Enfin, il faut bien avouer que les dialogues de Jacques Audiard font merveille. Qu’on ne se méprenne pas, sans le reste précédemment cité, ces dialogues ne vaudraient pas tripette. Mais, il fallait bien Audiard pour donner vie à ce président vieillissant (Émile Beaufort), blessé par quarante années de vie politique mais toujours intègre dans ses idéaux, plus fougueux qu’un anarchiste, roué, matois serait plus exact, intelligent, fin, généreux, éloquent, savant, drôle enfin.

Quelques exemples.

Le président mange avec sa secrétaire. La jeune fille le servant lui demande si elle peut prendre son après-midi. S’ensuit ce dialogue :

Le Président  : Ah ! Pour quoi faire ?

La jeune fille : Ma grand-mère est malade.

Le Président : C’est bien ça… enfin… d’ailleurs, c’est bien de votre part de vous intéresser à votre grand-mère. Eh bien prenez donc votre après-midi.
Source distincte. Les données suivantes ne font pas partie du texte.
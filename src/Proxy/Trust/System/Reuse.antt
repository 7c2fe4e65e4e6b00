-- ===== src/Proxy/Trust/System/Reuse.antt =====
-- A confirmed ticket cannot be confirmed again until it is created again.
use clawdentity.Shared.{
  ℕ, ◌≡◌, ◌≢◌, refl, ◌∙◌, ◌⊎◌, String, Option, none, some, List, arith, eq_iff,
}
use clawdentity.Shared.Dict.{
  Dict, get, delete, get-set, get-delete, get-delete_self, get-retain-none,
}
use clawdentity.Proxy.Trust.Types.{
  TrustState, TicketFunctions, Outcome, ok, failed, PairingTicketInput, PairingTicketConfirmInput,
  PairingTicketPayload, StoredTicket, PairingTicketConfirmResult, ticket_already_confirmed,
  ticket_not_found,
}
use clawdentity.Proxy.Trust.Store.{cleanup, upsert_pair, mark_agent_revoked, is_agent_revoked}
use clawdentity.Proxy.Trust.Confirm.{
  Awaiting, begin_confirm, begin_parsed, begin_stored, finish_confirm, complete,
}
use clawdentity.Proxy.Trust.Tickets.{
  create_pairing_ticket, get_pairing_ticket_status, create_parsed, store_ticket,
  normalize_responder, status_parsed, status_pending, status_confirmed, status_missing,
}
use clawdentity.Proxy.Trust.System.{
  System, Step, creates, begins, finishes, asks_status, marks_revoked, checks_revoked, upserts,
}

abbrev IsNotPending : String → TrustState → Type 0
IsNotPending kid s = get s.pairing_tickets kid ≡ none

module _ (fns : TicketFunctions) where
  -- The step does not create this ticket.
  unfoldable pub Spares : String → {s t : System} → Step fns s t → Type 0
  Spares kid (creates now input) =
      (parsed : PairingTicketPayload)
      → fns.parse_pairing_ticket (fns.normalize_pairing_ticket_text input.ticket) ≡ ok parsed
      → parsed.kid ≢ kid
  Spares kid _ = Unit

  -- Any number of steps that do not create this ticket.
  pub data Quiet (kid : String) (s : System) : System → Type 0 where
    at_once : Quiet kid s s
    then_step : {t u : System} → Quiet kid s t → (st : Step fns t u) → Spares kid st → Quiet kid s u

  cleanup-IsNotPending :
      (kid : String) (now : ℕ) (skip : Option String) (s : TrustState)
      → IsNotPending kid s
      → IsNotPending kid (cleanup now skip s)
  unfolding cleanup
  cleanup-IsNotPending kid now skip s h = get-retain-none _ s.pairing_tickets kid h

  store_ticket-IsNotPending :
      (kid : String) (input : PairingTicketInput) (parsed : PairingTicketPayload)
      (o : Outcome (Option String)) (s : TrustState)
      → parsed.kid ≢ kid
      → IsNotPending kid s
      → IsNotPending kid (store_ticket fns input parsed o s).0
  unfolding store_ticket
  store_ticket-IsNotPending kid input parsed (failed e) s other h = h
  store_ticket-IsNotPending kid input parsed (ok responder) s other h =
      get-set s.pairing_tickets parsed.kid kid _ ∙ ground (arith, h, other, eq_iff parsed.kid kid)

  create_parsed-IsNotPending :
      (kid : String) (input : PairingTicketInput) (o : Outcome PairingTicketPayload)
      (s : TrustState)
      → ((parsed : PairingTicketPayload) → o ≡ ok parsed → parsed.kid ≢ kid)
      → IsNotPending kid s
      → IsNotPending kid (create_parsed fns input o s).0
  unfolding create_parsed
  create_parsed-IsNotPending kid input (failed e) s other h = h
  create_parsed-IsNotPending kid input (ok parsed) s other h = ground (
    arith,
    h,
    store_ticket-IsNotPending kid input parsed
        (normalize_responder fns input.allow_responder_agent_did) s (other parsed refl) h,
  )

  begin_parsed-IsNotPending :
      (kid : String) (now : ℕ) (input : PairingTicketConfirmInput)
      (o : Outcome PairingTicketPayload) (s : TrustState)
      → IsNotPending kid s
      → IsNotPending kid (begin_parsed fns now input o s).0
  unfolding begin_parsed
  begin_parsed-IsNotPending kid now input (failed e) s h = h
  begin_parsed-IsNotPending kid now input (ok parsed) s h = cleanup-IsNotPending kid now _ s h

  delete-IsNotPending :
      (kid k : String) (m : Dict StoredTicket) → get m kid ≡ none → get (delete m k) kid ≡ none
  delete-IsNotPending kid k m h = get-delete m k kid ∙ ground (arith, h)

  finish-IsNotPending :
      (kid : String) (confirm_ms : ℕ) (a : Awaiting) (s : TrustState)
      → IsNotPending kid s
      → IsNotPending kid (finish_confirm fns confirm_ms a s).0
  unfolding finish_confirm complete upsert_pair
  finish-IsNotPending kid confirm_ms a s h =
      ground (arith, h, delete-IsNotPending kid a.parsed.kid s.pairing_tickets h)

  status-IsNotPending :
      (kid : String) (now : ℕ) (text : String) (o : Outcome PairingTicketPayload) (s : TrustState)
      → IsNotPending kid s
      → IsNotPending kid (status_parsed fns now text o s).0
  unfolding status_parsed status_pending status_confirmed status_missing
  status-IsNotPending kid now text (failed e) s h = h
  status-IsNotPending kid now text (ok parsed) s h =
      let h' = cleanup-IsNotPending kid now (some parsed.kid) s h in
      ground (
        arith,
        h',
        delete-IsNotPending kid parsed.kid (cleanup now (some parsed.kid) s).pairing_tickets h',
      )

  Step-IsNotPending :
      (kid : String) {s t : System} (st : Step fns s t)
      → Spares kid st
      → IsNotPending kid s.store
      → IsNotPending kid t.store
  unfolding Spares create_pairing_ticket begin_confirm get_pairing_ticket_status mark_agent_revoked
      is_agent_revoked upsert_pair
  Step-IsNotPending kid {s} (creates now input) other h =
      create_parsed-IsNotPending kid input _ _ other (cleanup-IsNotPending kid now none s.store h)
  Step-IsNotPending kid {s} (begins now input) other h =
      begin_parsed-IsNotPending kid now input _ s.store h
  Step-IsNotPending kid {s} (finishes confirm_ms before after a e) other h =
      finish-IsNotPending kid confirm_ms a s.store h
  Step-IsNotPending kid {s} (asks_status now ticket) other h =
      status-IsNotPending kid now _ _ s.store h
  Step-IsNotPending kid {s} (marks_revoked now did) other h =
      ground (arith, h, cleanup-IsNotPending kid now none s.store h)
  Step-IsNotPending kid {s} (checks_revoked now did) other h =
      ground (arith, h, cleanup-IsNotPending kid now none s.store h)
  Step-IsNotPending kid {s} (upserts i j) other h = h

  Quiet-IsNotPending :
      (kid : String) {s t : System}
      → Quiet kid s t
      → IsNotPending kid s.store
      → IsNotPending kid t.store
  Quiet-IsNotPending kid at_once h = h
  Quiet-IsNotPending kid (then_step q st other) h =
      Step-IsNotPending kid st other (Quiet-IsNotPending kid q h)

  finished-IsNotPending :
      (confirm_ms : ℕ) (a : Awaiting) (s : TrustState) (pair : PairingTicketConfirmResult)
      → (finish_confirm fns confirm_ms a s).1 ≡ ok pair
      → IsNotPending a.parsed.kid (finish_confirm fns confirm_ms a s).0
  unfolding finish_confirm complete upsert_pair
  finished-IsNotPending confirm_ms a s pair h =
      ground (arith, get-delete_self s.pairing_tickets a.parsed.kid)

  begin_refused :
      (now : ℕ) (input : PairingTicketConfirmInput) (parsed : PairingTicketPayload) (s : TrustState)
      → IsNotPending parsed.kid s
      → ((begin_parsed fns now input (ok parsed) s).1 ≡ failed ticket_already_confirmed)
        ⊎ ((begin_parsed fns now input (ok parsed) s).1 ≡ failed ticket_not_found)
  unfolding begin_parsed begin_stored
  begin_refused now input parsed s h =
      ground (arith, cleanup-IsNotPending parsed.kid now (some parsed.kid) s h)

  -- Once a confirmation has succeeded, no other one of the same ticket can begin: until the ticket is
  -- created again, and whatever other calls run or finish in between, the call fails with "already
  -- confirmed" or "not found" and waits for no signature.
  pub confirmed_once :
      (confirm_ms now : ℕ) (a : Awaiting) (s : TrustState) (waiting : List Awaiting) {t : System}
      (pair : PairingTicketConfirmResult) (input : PairingTicketConfirmInput)
      (parsed : PairingTicketPayload)
      → (finish_confirm fns confirm_ms a s).1 ≡ ok pair
      → Quiet a.parsed.kid
          (record { store = (finish_confirm fns confirm_ms a s).0; waiting = waiting })
          t
      → fns.parse_pairing_ticket (fns.normalize_pairing_ticket_text input.ticket) ≡ ok parsed
      → parsed.kid ≡ a.parsed.kid
      → ((begin_confirm fns now input t.store).1 ≡ failed ticket_already_confirmed)
        ⊎ ((begin_confirm fns now input t.store).1 ≡ failed ticket_not_found)
  unfolding begin_confirm
  confirmed_once confirm_ms now a s waiting {t} pair input parsed h q e same = rw (e) (
      begin_refused now input parsed t.store
        (rw same (Quiet-IsNotPending a.parsed.kid q (finished-IsNotPending confirm_ms a s pair h))))
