-- ===== src/Proxy/Trust/System/Revocation.antt =====
-- How long an agent that is marked as revoked stays so.
use clawdentity.Shared.{
  Bool-cases, inl, inr, subst, sym, ℕ, ◌+◌, ◌≤◌, ◌<◌, ◌≡◌, refl, ◌∙◌, String, true, Option, none,
  some, ◌==◌, arith, lt→ltb,
}
use clawdentity.Shared.Dict.{Dict, get, set, get-set, get-set_self, get-retain_of_keep}
use clawdentity.Proxy.Trust.Types.{
  TrustState, TicketFunctions, Outcome, ok, failed, PairingTicketInput, PairingTicketConfirmInput,
  PairingTicketPayload, revoked_agent_marker_ttl_ms,
}
use clawdentity.Proxy.Trust.Store.{
  cleanup, upsert_pair, mark_agent_revoked, is_agent_revoked, is_later,
}
use clawdentity.Proxy.Trust.Confirm.{
  Awaiting, begin_confirm, begin_parsed, finish_confirm, complete,
}
use clawdentity.Proxy.Trust.Tickets.{
  create_pairing_ticket, get_pairing_ticket_status, create_parsed, store_ticket, status_parsed,
  status_pending, status_confirmed, status_missing,
}
use clawdentity.Proxy.Trust.System.{
  System, Step, creates, begins, finishes, asks_status, marks_revoked, checks_revoked, upserts,
}

-- The agent's mark lasts at least until `deadline`.
abbrev IsMarked : String → ℕ → Dict ℕ → Type 0
IsMarked did deadline revoked = (e : ℕ) × ((get revoked did ≡ some e) × (deadline ≤ e))

module _ (fns : TicketFunctions) where
  -- A step that reads the clock does so in this span of time.
  pub Within : ℕ → ℕ → {s t : System} → Step fns s t → Type 0
  Within start deadline (creates now input) = (start ≤ now) × (now < deadline)
  Within start deadline (begins now input) = (start ≤ now) × (now < deadline)
  Within start deadline (finishes confirm_ms before after a e) = Unit
  Within start deadline (asks_status now ticket) = (start ≤ now) × (now < deadline)
  Within start deadline (marks_revoked now did) = (start ≤ now) × (now < deadline)
  Within start deadline (checks_revoked now did) = (start ≤ now) × (now < deadline)
  Within start deadline (upserts i j) = Unit

  -- Any number of such steps.
  pub data During (start deadline : ℕ) (s : System) : System → Type 0 where
    at_once : During start deadline s s
    then_step :
        {t u : System}
        → During start deadline s t
        → (st : Step fns t u) → Within start deadline st
        → During start deadline s u

  cleanup-IsMarked :
      (did : String) (deadline now : ℕ) (skip : Option String) (s : TrustState)
      → now < deadline
      → IsMarked did deadline s.revoked_agents
      → IsMarked did deadline (cleanup now skip s).revoked_agents
  unfolding cleanup
  cleanup-IsMarked did deadline now skip s early (e, (h, long)) = (
    e,
    (
      get-retain_of_keep _ s.revoked_agents did e h (lt→ltb now e (omega (arith, early, long))),
      long,
    ),
  )

  begin_revoked :
      (now : ℕ) (input : PairingTicketConfirmInput) (o : Outcome PairingTicketPayload)
      (s : TrustState) (did : String) (deadline : ℕ)
      → now < deadline
      → IsMarked did deadline s.revoked_agents
      → IsMarked did deadline (begin_parsed fns now input o s).0.revoked_agents
  unfolding begin_parsed
  begin_revoked now input (failed e) s did deadline early h = h
  begin_revoked now input (ok parsed) s did deadline early h =
      cleanup-IsMarked did deadline now (some parsed.kid) s early h

  create_revoked :
      (input : PairingTicketInput) (o : Outcome PairingTicketPayload) (s : TrustState)
      → (create_parsed fns input o s).0.revoked_agents ≡ s.revoked_agents
  unfolding create_parsed store_ticket
  create_revoked input (failed e) s = refl
  create_revoked input (ok parsed) s = ground arith

  status_keeps_marks :
      (now : ℕ) (text : String) (parsed : PairingTicketPayload) (s : TrustState)
      → (status_parsed fns now text (ok parsed) s).0.revoked_agents
        ≡ (cleanup now (some parsed.kid) s).revoked_agents
  unfolding status_parsed status_pending status_confirmed status_missing
  status_keeps_marks now text parsed s = ground arith

  status_revoked :
      (now : ℕ) (text : String) (o : Outcome PairingTicketPayload) (s : TrustState) (did : String)
      (deadline : ℕ)
      → now < deadline
      → IsMarked did deadline s.revoked_agents
      → IsMarked did deadline (status_parsed fns now text o s).0.revoked_agents
  unfolding status_parsed
  status_revoked now text (failed e) s did deadline early h = h
  status_revoked now text (ok parsed) s did deadline early h =
      subst (IsMarked did deadline) (sym (status_keeps_marks now text parsed s))
        (cleanup-IsMarked did deadline now (some parsed.kid) s early h)

  finish_revoked :
      (confirm_ms : ℕ) (a : Awaiting) (s : TrustState)
      → (finish_confirm fns confirm_ms a s).0.revoked_agents ≡ s.revoked_agents
  unfolding finish_confirm complete upsert_pair
  finish_revoked confirm_ms a s = ground arith

  set-IsMarked :
      (did other : String) (deadline e : ℕ) (revoked : Dict ℕ)
      → deadline ≤ e
      → IsMarked did deadline revoked
      → IsMarked did deadline (set revoked other e)
  set-IsMarked did other deadline e revoked long (e', (h, long')) =
      elim (Bool-cases (other == did)) [
        | inl same ↦ (e, (get-set revoked other did e ∙ rw same refl, long))
        | inr different ↦ (e', (get-set revoked other did e ∙ rw different h, long'))
      ]

  mark-IsMarked :
      (now : ℕ) (did other : String) (s : TrustState) (start deadline : ℕ)
      → deadline ≤ start + revoked_agent_marker_ttl_ms
      → start ≤ now
      → now < deadline
      → IsMarked did deadline s.revoked_agents
      → IsMarked did deadline (mark_agent_revoked fns now other s).0.revoked_agents
  unfolding mark_agent_revoked
  mark-IsMarked now did other s start deadline span order early h =
      elim (Bool-cases (fns.is_agent_did other)) [
        | inl valid ↦ rw valid (
            set-IsMarked did other deadline (now + revoked_agent_marker_ttl_ms) _
              (omega (arith, span, order)) (cleanup-IsMarked did deadline now none s early h))
        | inr bad ↦ rw bad h
      ]

  check-IsMarked :
      (now : ℕ) (did other : String) (s : TrustState) (deadline : ℕ)
      → now < deadline
      → IsMarked did deadline s.revoked_agents
      → IsMarked did deadline (is_agent_revoked fns now other s).0.revoked_agents
  unfolding is_agent_revoked
  check-IsMarked now did other s deadline early h = elim (Bool-cases (fns.is_agent_did other)) [
    | inl valid ↦ rw valid (cleanup-IsMarked did deadline now none s early h)
    | inr bad ↦ rw bad h
  ]

  Step-IsMarked :
      (did : String) (start deadline : ℕ) {s t : System} (st : Step fns s t)
      → deadline ≤ start + revoked_agent_marker_ttl_ms
      → Within start deadline st
      → IsMarked did deadline s.store.revoked_agents
      → IsMarked did deadline t.store.revoked_agents
  unfolding Within create_pairing_ticket begin_confirm get_pairing_ticket_status upsert_pair
  Step-IsMarked did start deadline {s} (creates now input) span (order, early) h =
      subst (IsMarked did deadline) (sym (create_revoked input _ _))
        (cleanup-IsMarked did deadline now none s.store early h)
  Step-IsMarked did start deadline {s} (begins now input) span (order, early) h =
      begin_revoked now input _ s.store did deadline early h
  Step-IsMarked did start deadline {s} (finishes confirm_ms before after a e) span w h =
      subst (IsMarked did deadline) (sym (finish_revoked confirm_ms a s.store)) h
  Step-IsMarked did start deadline {s} (asks_status now ticket) span (order, early) h =
      status_revoked now _ _ s.store did deadline early h
  Step-IsMarked did start deadline {s} (marks_revoked now other) span (order, early) h =
      mark-IsMarked now did other s.store start deadline span order early h
  Step-IsMarked did start deadline {s} (checks_revoked now other) span (order, early) h =
      check-IsMarked now did other s.store deadline early h
  Step-IsMarked did start deadline {s} (upserts i j) span w h = h

  During-IsMarked :
      (did : String) (start deadline : ℕ) {s t : System}
      → deadline ≤ start + revoked_agent_marker_ttl_ms
      → During start deadline s t
      → IsMarked did deadline s.store.revoked_agents
      → IsMarked did deadline t.store.revoked_agents
  During-IsMarked did start deadline span at_once h = h
  During-IsMarked did start deadline span (then_step d st w) h =
      Step-IsMarked did start deadline st span w (During-IsMarked did start deadline span d h)

  mark-IsMarked_self :
      (now : ℕ) (did : String) (s : TrustState)
      → fns.is_agent_did did ≡ true
      → IsMarked did
          (now + revoked_agent_marker_ttl_ms)
          (mark_agent_revoked fns now did s).0.revoked_agents
  unfolding mark_agent_revoked
  mark-IsMarked_self now did s valid = rw valid (
    now + revoked_agent_marker_ttl_ms,
    (get-set_self _ did (now + revoked_agent_marker_ttl_ms), omega arith),
  )

  check_marked :
      (now : ℕ) (did : String) (deadline : ℕ) (s : TrustState)
      → fns.is_agent_did did ≡ true
      → now < deadline
      → IsMarked did deadline s.revoked_agents
      → (is_agent_revoked fns now did s).1 ≡ ok true
  unfolding is_agent_revoked is_later
  check_marked now did deadline s valid early h =
      let (e, (found, long)) = cleanup-IsMarked did deadline now none s early h in
      rw (valid, found, lt→ltb now e (omega (arith, early, long))) refl

  -- An agent that is marked as revoked is reported as revoked for the next thirty days, whatever
  -- calls at times in between come before the question, those of other agents' confirmations included.
  pub revoked_for_ttl :
      (now later : ℕ) (did : String) (s t : System)
      → fns.is_agent_did did ≡ true
      → During now
          (now + revoked_agent_marker_ttl_ms)
          (record s { store = (mark_agent_revoked fns now did s.store).0 })
          t
      → later < now + revoked_agent_marker_ttl_ms
      → (is_agent_revoked fns later did t.store).1 ≡ ok true
  revoked_for_ttl now later did s t valid d early =
      let deadline = now + revoked_agent_marker_ttl_ms in
      check_marked later did deadline t.store valid early (
        During-IsMarked did now deadline (omega arith) d (mark-IsMarked_self now did s.store valid))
Allez !

La jeune fille s’en va.

La secrétaire : Menteuse ! Coureuse ! Et vous lui passez tout !

Le Président : C’est le seul élément jeune de cette maison.

La secrétaire : Vous ne croyez tout de même pas à cette histoire de grand-mère ?

Le Président : Oh ! bien sûr que non, mais elle témoigne d’une imagination délicate.

La secrétaire : D’un certain culot, oui !

Le Président : Non ! Le culot aurait été de me dire : «Monsieur le Président, j’ai besoin de mon après-midi pour aller me faire sauter »!

La secrétaire (air interloqué) : ????

Le Président : Bah ! Quoi ! Le culot, le culot, c’est ça !

Il faudrait enfin citer l’ensemble de la séance de l’assemblée lors de laquelle Gabin se lance dans une intervention qui, selon Wikipedia, ferait référence aux deux cents familles.

À l’assemblée, ses propos font mouche à chaque fois :

Un député : Quand on ne veut pas du pouvoir, on le refuse M. Beaufort ! On peut très bien vivre dans l’ombre !

Le Président : Et ne jamais en sortir, vous en savez quelque chose !

Le Président s’en prend aux patrons. De droite selon lui, et un député lui rétorque qu’il y a aussi des patrons de gauche :

Le Président : Il y a aussi des poissons volants, mais qui ne constituent pas la majorité du genre.

Et puis, il manie le paradoxe :

Le repos, c’est fait pour les jeunes. Ils ont toute la vie devant eux, moi pas.

Pourquoi ne fumez-vous pas Millerand ? Ça rend aimable !

On en restera sur ces belles paroles.